Purpose: To analyze the differential gene expression in cultured human retinal pigment epithelial (RPE) cells after treatment with vitreous.
Methods: Cultured human RPE cells were incubated for 48 hours with 25% human vitreous from donor eyes. Total RNA from treated and untreated cells was extracted. The gene expression was analyzed by differential expression analysis (DEmRNA-PCR). The differentially expressed genes were identified by gene bank searches. Differential expression was verified by a quantitative real-time RT-PCR fluorescent nucleic acid staining system. The in vivo mRNA expression of these genes in RPE cells was shown by gene-specific RT-PCR.

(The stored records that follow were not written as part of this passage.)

-- ===== src/MidiRing/Tests.antt =====
-- A ring of sixteen bytes whose counters are about to wrap.
use wrac_plugin_template.Prelude.{
  ◌-◌, ◌^◌, ◌≡◌, refl, List, [], ◌∷◌, some, none, true, false, arith, replicate,
}
use wrac_plugin_template.MidiRing.{
  MidiRing, write, copy_in, copy_out, try_push, next_size, next_status, pop, clear, run,
}
use wrac_plugin_template.MidiRing.Spec.{Op, put, get, wipe, peek, done, seen, serve}
use wrac_plugin_template.MidiRing.Holds.{Holds}
use wrac_plugin_template.MidiRing.Refine.{ring_run_refines}

abbrev about_to_wrap : MidiRing
about_to_wrap = record { bytes = replicate 16 0; head = 2 ^ 32 - 2; tail = 2 ^ 32 - 2 }

abbrev script : List Op
script =
    put (some (0x90 ∷ 60 ∷ 100 ∷ []))
    ∷ put none
    ∷ put (some (0xF8 ∷ []))
    ∷ put (some (0xF8 ∷ []))
    ∷ peek
    ∷ get
    ∷ get
    ∷ get
    ∷ put (some (1 ∷ []))
    ∷ wipe
    ∷ peek
    ∷ []

about_to_wrap-Holds : Holds 4 about_to_wrap []
about_to_wrap-Holds = record {
  large = omega arith;
  small = omega arith;
  whole = refl;
  tail_in = omega arith;
  gap = refl;
  fits = omega arith;
  stored = refl;
  long = tt;
}

run-script :
    run 16 about_to_wrap script
    ≡ done true
      ∷ done false
      ∷ done true
      ∷ done false
      ∷ seen (some (3 ∷ 0x90 ∷ []))
      ∷ seen (some (0x90 ∷ 60 ∷ 100 ∷ []))
      ∷ seen (some (0xF8 ∷ []))
      ∷ seen none
      ∷ done true
      ∷ done true
      ∷ seen (some (0 ∷ 0 ∷ []))
      ∷ []
unfolding run try_push pop next_size next_status clear copy_in copy_out write
run-script = refl

ring_run_refines_example : run 16 about_to_wrap script ≡ serve 16 [] script
ring_run_refines_example = ring_run_refines script 4 about_to_wrap [] about_to_wrap-Holds
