-- ===== src/Prelude/Bytes.antt =====
-- The bytes of a 32-bit word, by masks that do not stand at the lowest bit.
use Prim.Native.Nat.{ℕ, zero, suc, ◌+◌, ◌*◌, ◌/◌, ◌%◌, ◌≤◌, ◌<◌, bit_and, bit_or}
use mathlib.Core.Path.{◌≡◌, refl, ap₂, ◌∙◌}
use native.Mathlib.Omega.{arith}
use wrac_plugin_template.Prelude.Bits.{bit_or-halves, bit_and-halves, bit_and-mask, bit_or-add}

bit_or_comm_below : (n a b : ℕ) → a ≤ n → b ≤ n → bit_or a b ≡ bit_or b a
bit_or_comm_below zero a b p q =
    let e : a ≡ 0 = omega arith in let f : b ≡ 0 = omega arith in rw (e, f) refl
bit_or_comm_below (suc n) a b p q = omega (
  arith,
  bit_or-halves a b,
  bit_or-halves b a,
  bit_or_comm_below n (a / 2) (b / 2) (omega arith) (omega arith),
)

pub bit_or_comm : (a b : ℕ) → bit_or a b ≡ bit_or b a
bit_or_comm a b = bit_or_comm_below (a + b) a b (omega arith) (omega arith)

-- A mask moved up by four bits, and by eight.
bit_and-nibble : (a m : ℕ) → bit_and a (m * 16) ≡ bit_and (a / 16) m * 16
bit_and-nibble a m = omega (
  arith,
  bit_and-halves a (m * 16),
  bit_and-halves (a / 2) (m * 16 / 2),
  bit_and-halves (a / 2 / 2) (m * 16 / 2 / 2),
  bit_and-halves (a / 2 / 2 / 2) (m * 16 / 2 / 2 / 2),
  same,
)
  where
    same : bit_and (a / 2 / 2 / 2 / 2) (m * 16 / 2 / 2 / 2 / 2) ≡ bit_and (a / 16) m
    same = ap₂ bit_and (omega arith) (omega arith)

bit_and-byte : (a m : ℕ) → bit_and a (m * 256) ≡ bit_and (a / 256) m * 256
bit_and-byte a m =
    let up : m * 256 ≡ m * 16 * 16 = omega arith in
    let down : a / 16 / 16 ≡ a / 256 = omega arith in
    rw (up, bit_and-nibble a (m * 16), bit_and-nibble (a / 16) m, down) (omega arith)

pub byte1 : (a : ℕ) → bit_and a 0xFF00 ≡ a / 256 % 256 * 256
byte1 a = omega (arith, bit_and-byte a 0xFF, bit_and-mask 8 (a / 256))

pub byte2 : (a : ℕ) → bit_and a 0xFF0000 ≡ a / 65536 % 256 * 65536
byte2 a = omega (arith, bit_and-byte a 0xFF00, byte1 (a / 256))

pub byte3 : (a : ℕ) → bit_and a 0xFF000000 ≡ a / 16777216 % 256 * 16777216
byte3 a = omega (arith, bit_and-byte a 0xFF0000, byte2 (a / 256))

-- Four bytes that are joined from the lowest on.
pub join4 :
    (a b c d : ℕ)
    → a < 256
    → b < 256
    → c < 256
    → bit_or (bit_or (bit_or a (b * 256)) (c * 65536)) (d * 16777216)
      ≡ a + b * 256 + c * 65536 + d * 16777216
join4 a b c d ha hb hc =
    let two : bit_or a (b * 256) ≡ b * 256 + a =
      bit_or_comm a (b * 256) ∙ bit_or-add 8 (b * 256) a (omega arith) (omega arith) in
    let three : bit_or (b * 256 + a) (c * 65536) ≡ c * 65536 + (b * 256 + a) =
      bit_or_comm (b * 256 + a) (c * 65536)
      ∙ bit_or-add 16 (c * 65536) (b * 256 + a) (omega arith) (omega arith) in
    let four : bit_or (c * 65536 + (b * 256 + a)) (d * 16777216)
        ≡ d * 16777216 + (c * 65536 + (b * 256 + a)) =
      bit_or_comm (c * 65536 + (b * 256 + a)) (d * 16777216)
      ∙ bit_or-add 24 (d * 16777216) (c * 65536 + (b * 256 + a)) (omega arith) (omega arith) in
    rw (two, three, four) (omega arith)
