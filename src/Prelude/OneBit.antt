-- ===== src/Prelude/OneBit.antt =====
-- One bit of a number: set, cleared and tested.
use Prim.Native.Nat.{ℕ, zero, suc, ◌-◌, ◌/◌, ◌^◌, ◌<◌, bit_and, bit_or}
use mathlib.Core.Path.{◌≡◌, refl, ap}
use native.Mathlib.Nat.{pow-suc, one-le-pow}
use native.Mathlib.Omega.{arith}
use wrac_plugin_template.Prelude.Bits.{bit_or-halves, bit_and-halves, bit_and-mask}

-- Of the bit `k`, all but the lowest digit.
power-half : (k : ℕ) → 2 ^ suc k / 2 ≡ 2 ^ k
power-half k = omega (arith, pow-suc 2 k)

others-half : (w k : ℕ) → (2 ^ suc w - 1 - 2 ^ suc k) / 2 ≡ 2 ^ w - 1 - 2 ^ k
others-half w k = omega (arith, pow-suc 2 k, pow-suc 2 w)

pub set-test : (k f : ℕ) → bit_and (bit_or f (2 ^ k)) (2 ^ k) ≡ 2 ^ k
set-test zero f = omega (arith, bit_and-mask 1 (bit_or f 1), bit_or-halves f 1)
set-test (suc k) f =
    let p = 2 ^ suc k in
    let low : bit_or f p / 2 ≡ bit_or (f / 2) (2 ^ k) =
      omega (arith, bit_or-halves f p, ap (bit_or (f / 2)) (power-half k)) in
    let high : bit_and (bit_or f p / 2) (p / 2) ≡ bit_and (bit_or (f / 2) (2 ^ k)) (2 ^ k) =
      rw (low, power-half k) refl in
    omega (arith, pow-suc 2 k, bit_and-halves (bit_or f p) p, high, set-test k (f / 2))

pub clear-test : (w k f : ℕ) → k < w → bit_and (bit_and f (2 ^ w - 1 - 2 ^ k)) (2 ^ k) ≡ 0
clear-test zero k f h = absurd (omega arith)
clear-test (suc w) zero f h =
    let m = 2 ^ suc w - 1 - 1 in
    omega (
      arith,
      pow-suc 2 w,
      one-le-pow w 2 (omega arith),
      bit_and-mask 1 (bit_and f m),
      bit_and-halves f m,
    )
clear-test (suc w) (suc k) f h =
    let m = 2 ^ suc w - 1 - 2 ^ suc k in
    let p = 2 ^ suc k in
    let low : bit_and f m / 2 ≡ bit_and (f / 2) (2 ^ w - 1 - 2 ^ k) =
      omega (arith, bit_and-halves f m, ap (bit_and (f / 2)) (others-half w k)) in
    let high : bit_and (bit_and f m / 2) (p / 2)
        ≡ bit_and (bit_and (f / 2) (2 ^ w - 1 - 2 ^ k)) (2 ^ k) =
      rw (low, power-half k) refl in
    omega (
      arith,
      pow-suc 2 k,
      bit_and-halves (bit_and f m) p,
      high,
      clear-test w k (f / 2) (omega arith),
    )
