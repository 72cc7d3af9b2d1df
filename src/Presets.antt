-- ===== src/Presets.antt =====
-- The index of a plugin's presets, `PresetIndex` of
-- clap_wrapper_builder/clap-wrapper/src/detail/clap/preset_discovery.cpp and preset_discovery.h: its
-- entries with their order, and what a host asks of them. `Listeners` is about who is told of its
-- end, `Receiver` about what a provider says of a file.
pub mod Order
pub mod Numbering
pub mod Receiver
pub mod Declarations
pub mod Crawl
pub mod Listeners
mod Tests
use wrac_plugin_template.Prelude.{
  ℕ, zero, suc, ◌+◌, Bool, true, false, not, ◌&&◌, ◌||◌, ◌==◌, ltb, if◌then◌else◌, List, [], ◌∷◌,
  ◌++◌, Option, none, some, get_elem?,
}
use wrac_plugin_template.Prelude.Text.{Text, is_empty, same}

pub record PresetEntry : Type 0 where
  pub location_kind : ℕ
  pub location : Text
  pub load_key : Text
  pub name : Text
  pub collection_id : Text
  pub description : Text
  pub creators : List Text
  pub features : List Text
  pub flags : ℕ
  pub creation_time : ℕ
  pub modification_time : ℕ

-- What stands behind the last slash of either kind.
pub file_of : Text → Text → Text
file_of [] file = file
file_of (c ∷ rest) file = file_of rest (if c == 0x2F || c == 0x5C then [] else file ++ c ∷ [])

-- What stands in front of the last dot; the whole text if it has none.
pub before_dot : Text → Text → Option Text → Option Text
before_dot [] seen best = best
before_dot (c ∷ rest) seen best =
    before_dot rest (seen ++ c ∷ []) (if c == 0x2E then some seen else best)

abbrev pub stem_of : Text → Option Text → Text
stem_of file none = file
stem_of file (some []) = file
stem_of file (some (c ∷ stem)) = c ∷ stem

-- "Preset"
abbrev pub default_name : Text
default_name = 0x50 ∷ 0x72 ∷ 0x65 ∷ 0x73 ∷ 0x65 ∷ 0x74 ∷ []

pub display_name : PresetEntry → Text
unfolding file_of before_dot
display_name e =
    let file = file_of e.location [] in
    if not (is_empty e.name)
    then e.name
    else if not (is_empty e.load_key)
    then e.load_key
    else if not (is_empty e.location)
    then stem_of file (before_dot file [] none)
    else default_name

-- Strings by their bytes, and entries by their kind, then their location, then their key.
pub text_less : Text → Text → Bool
text_less [] [] = false
text_less [] (d ∷ t) = true
text_less (c ∷ s) [] = false
text_less (c ∷ s) (d ∷ t) = ltb c d || (c == d && text_less s t)

pub entry_less : PresetEntry → PresetEntry → Bool
unfolding text_less
entry_less a b =
    ltb a.location_kind b.location_kind
    || (not (ltb b.location_kind a.location_kind)
        && (text_less a.location b.location
            || (not (text_less b.location a.location) && text_less a.load_key b.load_key)))

-- `std::stable_sort`, as a sort by insertion in front of what is equal.
pub insert : PresetEntry → List PresetEntry → List PresetEntry
insert a [] = a ∷ []
insert a (b ∷ bs) = let rest = insert a bs in if entry_less b a then b ∷ rest else a ∷ b ∷ bs

pub sorted : List PresetEntry → List PresetEntry
unfolding insert
sorted [] = []
sorted (a ∷ rest) = insert a (sorted rest)

-- `presetAt`, `none` where it returns false, and `indexOf`, from a first index on; the null pointers
-- are empty texts to it.
abbrev pub preset_at : List PresetEntry → ℕ → Option PresetEntry
preset_at presets i = get_elem? presets i

pub index_from : ℕ → List PresetEntry → ℕ → Text → Text → Option ℕ
index_from i [] kind location key = none
index_from i (e ∷ presets) kind location key =
    if e.location_kind == kind && (same e.location location && same e.load_key key)
    then some i
    else index_from (i + 1) presets kind location key

abbrev pub text_or_empty : Option Text → Text
text_or_empty none = []
text_or_empty (some t) = t

pub index_of : List PresetEntry → ℕ → Option Text → Option Text → Option ℕ
unfolding index_from
index_of presets kind location key =
    index_from 0 presets kind (text_or_empty location) (text_or_empty key)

Results: Vitreous treatment of human RPE cells resulted in the reduced expression of NFIB2, KE03 (NY-REN-25ag), PIG-B, DKFZp564BC462, LKHA, G3BP, PAM, UEV-1, and MAP1B calibrated to the expression of GAPDH when compared with their expression in untreated cells. The reduced expression after vitreous treatment was quantified by gene-specific quantitative real-time RT-PCR and varied from 0.69 to 0.17 compared with untreated cells. The mRNA expression of UDP-GalNac mRNA remained constant. The mRNA expression of eight of these genes was demonstrated in this study for the first time in human RPE cells.
Conclusions: Vitreous treatment of cultured RPE cells induces the differential expression of a variety of genes with functions in transcription, mediation of signal transduction and inflammation, glycosylation, ubiquitination and protein-protein interaction. Further examination of these genes may locate additional targets for treatment of diseases caused by contact of RPE cells with vitreous, typical in proliferative vitreoretinopathy.